Threshing Beans by 

Driving on Them

 

by Carol Deppe

           

If you have just a few plants worth of dry beans to thresh, you might break the pods open by hand. You might even do this with a small pile of beans, especially if the pods or beans are particularly large, or if the beans are pole types that were harvested as dry pods instead of cut as whole dry plants. Especially if it is comfortable to thresh in your living room, and you can visit with others as you companionably hand thresh beans together.

With a bigger pile of dry bean plants the standard approach is to pile and thresh the beans on tarps. People talk about stomping on or dancing on the beans. But actually, it is a rolling motion of the foot that threshes out the beans most effectively. Ideally, you layer the beans about one or two plants deep, stand on one part of the plants, and roll your foot over the other part. (Wear clean shoes with treads too shallow to catch beans.) This rolling motion is more laborious and tiring than stomping or walking. Nevertheless, it is relatively easy to thresh out several pounds of beans in a session rather than just handfuls. (Cleaning and winnowing threshed piles of beans and debris requires nothing more than appropriate containers and a fan. For cleaning and winnowing, see the bean chapter in The Resilient Gardener: Food Production and Self-reliance in Uncertain Times. It's threshing the beans, that is, breaking open the pods and releasing the beans, that is the hard work.)
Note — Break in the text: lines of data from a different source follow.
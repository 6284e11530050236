-- ===== src/Matchmaking/Ranked/Sizes.antt =====
-- How many entries the buckets have after a removal (src/server/match-strategy.cpp).
use silent_tanks.Base.{
  ℕ, ◌+◌, ◌<◌, ◌≤◌, ◌==◌, ◌≡◌, true, if◌then◌else◌, Option, some, none, List, [], ◌∷◌, length,
  get_elem?, set, ltb, refl, sym, ap, ◌∙◌, arith, inl, inr, Bool-cases, ==_iff, subst, some_inj,
  Option-cases, >>=-eq-some, get_elem?-set, lt-get_elem?,
}
use silent_tanks.Matchmaking.Types.{Session}
use silent_tanks.Matchmaking.Ranked.{
  QueueEntry, LookupData, Ranked, erase_node, erase_entry, match_and_remove,
}
use silent_tanks.Matchmaking.Ranked.Invariant.{place}

abbrev pub bucket_length : Option (List QueueEntry) → ℕ
bucket_length none = 0
bucket_length (some bucket) = length bucket

-- The number of entries of a bucket, none outside the vector.
abbrev pub size_at : List (List QueueEntry) → ℕ → ℕ
size_at buckets i = bucket_length (get_elem? buckets i)

length-erase_node :
    (k : ℕ) (es left : List QueueEntry) → erase_node k es ≡ some left → length es ≡ length left + 1
unfolding erase_node
length-erase_node k [] left found = cc
length-erase_node k (e ∷ es) left found = elim (Bool-cases (e.node == k)) [
  | inl here ↦ omega (arith, ap length (some_inj (rw here at found)))
  | inr later ↦ elim (Option-cases (erase_node k es)) [
    | inl absent ↦ let bad = rw (later, absent) at found in cc
    | inr (rest, kept) ↦
        omega (
          arith,
          length-erase_node k es rest kept,
          ap length (some_inj (rw (later, kept) at found)),
        )
  ]
]

size_at-set :
    (xs : List (List QueueEntry)) (i m : ℕ) (bucket left : List QueueEntry)
    → get_elem? xs i ≡ some bucket
    → length bucket ≡ length left + 1
    → size_at (set xs i left) m + (if i == m then 1 else 0) ≡ size_at xs m
size_at-set xs i m bucket left here shorter =
    let moved = get_elem?-set xs i m left (lt-get_elem? xs i bucket here) in
    elim (Bool-cases (i == m)) [
      | inl same ↦
          let old : size_at xs m ≡ length bucket =
            ap (size_at xs) (sym ((==_iff i m).0 same)) ∙ ap bucket_length here in
          let there : get_elem? (set xs i left) m ≡ some left = moved ∙ rw same refl in
          let new : size_at (set xs i left) m ≡ length left = ap bucket_length there in
          rw same (omega (arith, old, new, shorter))
      | inr other ↦
          let there : get_elem? (set xs i left) m ≡ get_elem? xs m = moved ∙ rw other refl in
          let new : size_at (set xs i left) m ≡ size_at xs m = ap bucket_length there in
          rw other (omega (arith, new))
    ]

pub erase_entry-size_at :
    (xs ys : List (List QueueEntry)) (d : LookupData) (m : ℕ)
    → erase_entry xs d ≡ some ys
    → size_at ys m + (if d.bucket_index == m then 1 else 0) ≡ size_at xs m
unfolding erase_entry
erase_entry-size_at xs ys d m e =
    let (bucket, here, e1) = >>=-eq-some (get_elem? xs d.bucket_index) _ e in
    let (left, found, e2) = >>=-eq-some (erase_node d.iter bucket) _ e1 in
    let inside : ltb d.bucket_index (length xs) ≡ true =
      ground (arith, lt-get_elem? xs d.bucket_index bucket here) in
    let result : set xs d.bucket_index left ≡ ys = some_inj (rw inside at e2) in
    subst (λ zs. size_at zs m + (if d.bucket_index == m then 1 else 0) ≡ size_at xs m) result
      (size_at-set xs d.bucket_index m bucket left here
        (length-erase_node d.iter bucket left found))

-- A match of two sessions makes no bucket longer, and the bucket of the first shorter.
pub match_and_remove-size_at :
    (s next : Ranked) (p1 p2 : Session) (i k : ℕ)
    → match_and_remove s p1 p2 ≡ some next
    → s.lookup p1.user_id ≡ some (place i k)
    → ((m : ℕ) → size_at next.elo_buckets m ≤ size_at s.elo_buckets m)
      × (size_at next.elo_buckets i < size_at s.elo_buckets i)
unfolding match_and_remove
match_and_remove-size_at s next p1 p2 i k e at =
    let (d1, at1, e1) = >>=-eq-some (s.lookup p1.user_id) _ e in
    let (d2, at2, e2) = >>=-eq-some (s.lookup p2.user_id) _ e1 in
    let (first, f2, e3) = >>=-eq-some (erase_entry s.elo_buckets d2) _ e2 in
    let (both, f1, e4) = >>=-eq-some (erase_entry first d1) _ e3 in
    let result : both ≡ next.elo_buckets = ap (λ (r : Ranked). r.elo_buckets) (some_inj e4) in
    let at_i : d1.bucket_index ≡ i =
      ap (λ (d : LookupData). d.bucket_index) (some_inj (sym at1 ∙ at)) in
    let hit : (d1.bucket_index == i) ≡ true = (==_iff d1.bucket_index i).1 at_i in
    (
      λ m.
          let a = erase_entry-size_at s.elo_buckets first d2 m f2 in
          let b = erase_entry-size_at first both d1 m f1 in
          let c : size_at both m ≡ size_at next.elo_buckets m = ap (λ xs. size_at xs m) result in
          omega (arith, a, b, c),
      (let a = erase_entry-size_at s.elo_buckets first d2 i f2 in
          let b = rw hit at (erase_entry-size_at first both d1 i f1) in
          let c : size_at both i ≡ size_at next.elo_buckets i = ap (λ xs. size_at xs i) result in
          omega (arith, a, b, c)),
    )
But what if you have bigger batches of beans? What if you are growing all the dry beans for your family, and you eat beans as a major staple? Then you need to be able to thresh a few hundred pounds of beans. This is still way too few for a grain combine, even if your beans were all one variety and you owned a combine, and they probably aren't, and you probably don't. This is the situation I faced this year. I simply had too many beans to thresh by foot on tarps any more.

There are plans on the internet for a small-scale bean and grain thresher made by converting a chipper-shredder. I was expecting that the answer to my bean problem was going to involve needing to make one of these. But before undertaking that project, I decided to ask everyone I know who grows larger amounts of beans (thousands of row feet of individual varieties, but not thousands of acres) how they thresh their beans. I was expecting that they all had some version of a small-scale thresher - the converted shredder or antique equipment or something else jerryrigged but mechanical. I talked with about two dozen people and heard tell of at least two dozen more farms operating at the relevant scale. Here's the result: NOBODY is using a small scale thresher. They are all just driving on their beans.

Even those who have the converted chipper-shredder threshers don't use them. The thresher requires feeding plants by hand into the hopper a few at a time, so it really isn't any faster than stomping the beans on a tarp, which does not require handling individual plants. In addition, the pounding instead of rolling motion of the thresher cracks and breaks a lot of the beans.

Even those who are growing an acre or two per variety and who own combines are not using their combines for the beans. They use the combines for grain. They drive on their beans. The combines crack and break too many beans. (Those growing thousands of pounds of beans do combine them, and just live with a lower grade product than those of us who produce small amounts by hand.)

Most people just leave the piles of beans on the tarps onto which the dry plants are piled and stored until time for threshing. Then they drive over the beans with a tractor or pickup truck, that is, something with a high wheel base. One fellow with a few acres of beans built a special concrete pad for driving on his beans without tarps. He sweeps each batch of beans up after the driving. But most people put the tarp with dry beans on a driveway or in a barn and drive on the pile of beans right on the tarp.

So I started driving on my beans. It works great. It does crack or break some beans of some varieties. However, so does stomping by foot. Various factors affect the amount of damage. I have found that I get less (or no) damage if I have a thick layer of matted down bean plants instead of a shallow layer. I also orient the wheels of the vehicle carefully as I drive back and forth over the piles of beans on the tarp so that I am driving over most bean pods just once instead of several times. Just one drive over the beans is very effective. The wheels themselves impart a small rolling motion that is ideal for threshing out the beans. (Of course, you want to use all the tricks I describe in the bean chapter of The Resilient Gardener so that your beans will be as dry as possible when you thresh. Damp beans don't thresh.)

I'm using my Toyota minivan to thresh the beans. With it, I can have the beans piled up to about a foot high. If I had a tractor, that would be even better, presumably. The higher wheel base would allow dealing with a bigger pile of beans at once without any catching and dragging off the pile.

Summary: For bigger batches of beans, just drive on 'em.